In this paper, we present and review recent developments in the high-density plasma chemical vapor deposition (HDP CVD) of silicon-based dielectric films, and of films of recent interest in the development of lower-dielectric-constant alternatives. Aspects relevant to the HDP CVD process and using the process to achieve interlevel insulation, gap filling, and planarization are discussed. Results obtained thus far suggest that the process may play an important role in the future fabrication of integrated circuits, provided several metal-contamination and process-integration concerns can be effectively addressed.

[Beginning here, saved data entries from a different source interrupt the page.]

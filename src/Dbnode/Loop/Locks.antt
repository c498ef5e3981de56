-- ===== src/Dbnode/Loop/Locks.antt =====
-- dbnode/dbnode.go: a node that has granted a write lock keeps it for that transaction, whatever it
-- receives, until the unlock request of the transaction, or until it fails.
use part_ii_project.Base.{
  ◌==◌, if◌then◌else◌, increment, >>=-Returns, if-Returns, option-Returns, Returns, returned, ℕ,
  ◌+◌, ◌≡◌, refl, ◌≢◌, Bool, true, false, ◌&&◌, not, List, [], ◌∷◌, ◌++◌, arith,
}
use part_ii_project.Datastore.{Store}
use part_ii_project.Packet.{
  Message, node_put_response, client_write_response, node_lock_response, same_type,
  client_read_response, client_strong_write_request, node_get_response, Messagetype,
  node_unlock_ack,
}
use part_ii_project.Dbnode.State.{Dbnode, processing_write, same_mode}
use part_ii_project.Dbnode.Coordinator.{encode_timestamp_val}
use part_ii_project.Dbnode.Local.{
  process_local_read, process_local_write, is_busy, write_at, client_response, stale_response,
}
use part_ii_project.Dbnode.Handlers.{
  handle_unlock_req, commit_uncommited, release_lock, handle_get_req, may_read, handle_put_req,
  handle_timestamp_req, reply,
}

abbrev is_lock_response : Messagetype → Bool
is_lock_response node_lock_response = true
is_lock_response _ = false

-- The message grants a lock.
abbrev pub is_grant : Message → Bool
is_grant m = is_lock_response m.demux_key && m.ok

-- How many locks have been granted.
unfoldable pub grants : List Message → ℕ
grants [] = 0
grants (m ∷ ms) = (if is_grant m then 1 else 0) + grants ms

grants-snoc :
    (ms : List Message) (m : Message)
    → grants (ms ++ m ∷ []) ≡ grants ms + (if is_grant m then 1 else 0)
unfolding grants
grants-snoc [] m = omega arith
grants-snoc (x ∷ ms) m = omega (arith, grants-snoc ms m)

-- The node holds the write lock for the transaction, and has granted `g` locks.
pub record HoldsLock {S E : Type 0} (id g : ℕ) (n : Dbnode S E) : Type 0 where
  pub mode : n.current_mode ≡ processing_write
  pub txid : n.current_txid ≡ id
  pub granted : grants n.outgoing ≡ g

module _ {S E : Type 0} (id g : ℕ) where
  -- A message that grants no lock.
  pub says :
      (n : Dbnode S E) (m : Message)
      → HoldsLock id g n
      → is_grant m ≡ false
      → HoldsLock id g (record n { outgoing = n.outgoing ++ m ∷ [] })
  says n m h e = record {
    mode = h.mode;
    txid = h.txid;
    granted = ground (arith, grants-snoc n.outgoing m, h.granted);
  }

module _ {S E : Type 0} (st : Store S) (id g : ℕ) where
  pub process_local_read-HoldsLock :
      (n : Dbnode S E) (m : Message)
      → is_grant m ≡ false
      → HoldsLock id g n
      → Returns (HoldsLock id g) (process_local_read st n m)
  unfolding process_local_read
  process_local_read-HoldsLock n m e h =
      if-Returns (is_busy n) (λ _. returned (says id g n m h e))
        λ _.
          option-Returns (st.get n.store m.key) (λ _. returned (says id g n _ h (ground arith)))
            λ stored _. >>=-Returns λ (t, v) _. returned (
              says id g n
                (record (client_response n m) {
                  demux_key = client_read_response;
                  value = v;
                  timestamp = t;
                  ok = true;
                })
                h refl)

  pub write_at-HoldsLock :
      (n : Dbnode S E) (m : Message) (t : ℕ) → HoldsLock id g n → HoldsLock id g (write_at st n m t)
  unfolding write_at
  write_at-HoldsLock n m t h =
      let s = st.put n.store m.key (encode_timestamp_val t m.value) in
      record {
        mode = h.mode;
        txid = h.txid;
        granted = ground (
          arith,
          grants-snoc n.outgoing (record (client_response n m) {
            demux_key = client_write_response;
            value = m.value;
            timestamp = t;
            ok = (st.commit s.0 m.key s.1).1;
          }),
          h.granted,
        );
      }

  pub process_local_write-HoldsLock :
      (n : Dbnode S E) (m : Message)
      → is_grant m ≡ false
      → HoldsLock id g n
      → Returns (HoldsLock id g) (process_local_write st n m)
  unfolding process_local_write
  process_local_write-HoldsLock n m e h =
      if-Returns (is_busy n) (λ _. returned (says id g n m h e))
        λ _.
          option-Returns (st.get n.store m.key) (λ _. returned (says id g n _ h (ground arith)))
            λ stored _. >>=-Returns λ (t, v) _.
              if-Returns
                (not (increment t == m.timestamp)
                  && same_type m.demux_key client_strong_write_request)
                (λ _. returned (says id g n (stale_response st n m (increment t) v) h refl))
                (λ _. returned (write_at-HoldsLock n m (increment t) h))

  pub handle_unlock_req-HoldsLock :
      (n : Dbnode S E) (m : Message)
      → m.id ≢ id
      → HoldsLock id g n
      → HoldsLock id g (handle_unlock_req st n m)
  unfolding handle_unlock_req commit_uncommited release_lock
  handle_unlock_req-HoldsLock n m ne h = record {
    mode = ground (arith, h.mode, h.txid);
    txid = ground (arith, h.mode, h.txid);
    granted = ground (
      arith,
      grants-snoc n.outgoing (record (reply n m node_unlock_ack) { ok = true }),
      h.mode,
      h.txid,
      h.granted,
    );
  }

  pub handle_get_req-HoldsLock :
      (n : Dbnode S E) (m : Message)
      → HoldsLock id g n
      → Returns (HoldsLock id g) (handle_get_req st n m)
  unfolding handle_get_req
  handle_get_req-HoldsLock n m h =
      if-Returns (may_read st n m)
        (λ _.
          option-Returns (st.get n.store m.key) (λ _. returned (says id g n _ h (ground arith)))
            λ v _. >>=-Returns (λ (t, val) _. returned (
              says id g n
                (record (reply n m node_get_response) {
                  key = m.key;
                  value = val;
                  timestamp = t;
                  ok = true;
                })
                h refl)))
        (λ _. returned (says id g n _ h (ground arith)))

  pub handle_put_req-HoldsLock :
      (n : Dbnode S E) (m : Message) → HoldsLock id g n → HoldsLock id g (handle_put_req st n m)
  unfolding handle_put_req
  handle_put_req-HoldsLock n m h = record {
    mode = ground (arith, h.mode, h.txid);
    txid = ground (arith, h.mode, h.txid);
    granted = ground (
      arith,
      grants-snoc n.outgoing (put_answer true),
      grants-snoc n.outgoing (put_answer false),
      h.mode,
      h.txid,
      h.granted,
    );
  }
    where
      put_answer : Bool → Message
      put_answer b = record (reply n m node_put_response) {
        key = m.key;
        value = m.value;
        timestamp = m.timestamp;
        ok = b;
      }

  pub handle_timestamp_req-HoldsLock :
      (n : Dbnode S E) (m : Message)
      → HoldsLock id g n
      → Returns (HoldsLock id g) (handle_timestamp_req st n m)
  unfolding handle_timestamp_req
  handle_timestamp_req-HoldsLock n m h =
      if-Returns (same_mode n.current_mode processing_write && n.current_txid == m.id)
        (λ _. >>=-Returns (λ (t, val) _. returned (
          says id g n
            (record (reply n m node_get_response) { key = m.key; ok = true; timestamp = t }) h
            refl)))
        (λ _. returned (says id g n _ h (ground arith)))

The chemical vapor deposition (CVD) of undoped and doped silicon-based dielectric layers plays a key role in the microelectronics technology. To advance the dielectric-layer-related aspects of the technology, facilitating its evolution beyond its current level of integration, advanced, lowtemperature CVD processes will be needed. The processes should produce dielectric layers with minimal substrate heating (preferably lowering the "thermal budget"), have no deleterious effects on underlying gate oxides and other device structures, be suitable for filling sub-half-micron highaspect-ratio device and circuit structures, and have reflow characteristics that facilitate the use of the chemical-mechanical polishing (CMP) used to achieve planarization. Additionally, they should require fewer process steps, thereby reducing overall fabrication costs.
At present, Al(Cu)-based conductor films and silicon oxide dielectric films deposited by CVD are used to produce most of the interconnections on multilevel integrated-circuit chips. To facilitate the evolution to higher levels of performance, a significant next step is underway: replacement of the Al(Cu)- based conductors with lower-resistance Cu-based conductors (see for example). This change reduces the RC interconnection delay significantly--by a factor of about 1.5. At present, it appears that to achieve a further significant reduction, it will be necessary to reduce the dielectric constant k of the dielectric films. It is estimated that the delay could be reduced by a factor of about 3 if the silicon oxide films, which have a dielectric constant of around 4, could be replaced by films having a dielectric constant of 2. There is, however, no clear indication of what approach should be used to achieve a reduction in k. One approach, leading to a small reduction (to a value of 3.3- 3.5), involves the incorporation of a small amount of bonded fluorine in silicon oxide films deposited by HDP CVD to form a fluorinated oxide. The approach, discussed in detail in this paper, should require only a minimal change in integrated-circuit fabrication . Other approaches, leading to a reduction of k to 2-3, involve the use of films such as carbon-doped silicon oxide , and carbon and fluorinated carbon , deposited by either CVD or HDP CVD.
Fig1
In all commercial HDP CVD equipment in current use, there is no heating element in the deposition reactor. Wafer heating is normally initiated with an Ar plasma after the wafer is loaded into the reaction chamber. After the wafer reaches the desirable temperature, which is normally in the 300- 400°C range, other reactant gases are introduced to produce film deposition. Depending on the configuration of the plasma reactor and the type of wafer used, many process parameter sequences can be modified during deposition to minimize both electrical and physical damage to the topography and electronic features on the wafer , especially on the step corner of depositing surface features. Since production is normally implemented in a batch of 25 wafers, the argon plasma is sometimes kept on constantly between runs to maintain a baseline temperature in the deposition reactor. For both silicon oxide and fluorinated silicon oxide gap-fill film-deposition processes, a gradual ramping up of rf bias minimizes physical and electrical damage. Furthermore, gradual ramping up will reduce an initial rf power surge during the initial transient phenomena of plasma-enhanced CVD processing that may also cause unexpected damage to devices. For deposition processes, involving volatile etching reactants such as fluorines, as in the case of fluorine-doped oxide film deposition, the etching component of the HDP CVD gap-fill process becomes significant, and the rf biasing power must be reduced, compared to the case for undoped silicon oxide, in order to prevent step corner erosion.
Complex multilevel 0.20-0.25-µm STI, GC, and IMD structures with high aspect ratios (1.5-3.5) were filled with HDP CVD undoped silicon oxide. In the case of IMD structures, lower dc fluorinated silicon oxide films were also used for the gap-fill deposition. These structures were subsequently processed to several metal levels and then evaluated for dielectric gap fill, CMP integration, and plasma damage on 80-100-Å gate-oxide devices. The results were compared to those for the same device structures processed with conventional LPCVD SiO2 or plasma CVD oxide gap-fill processing.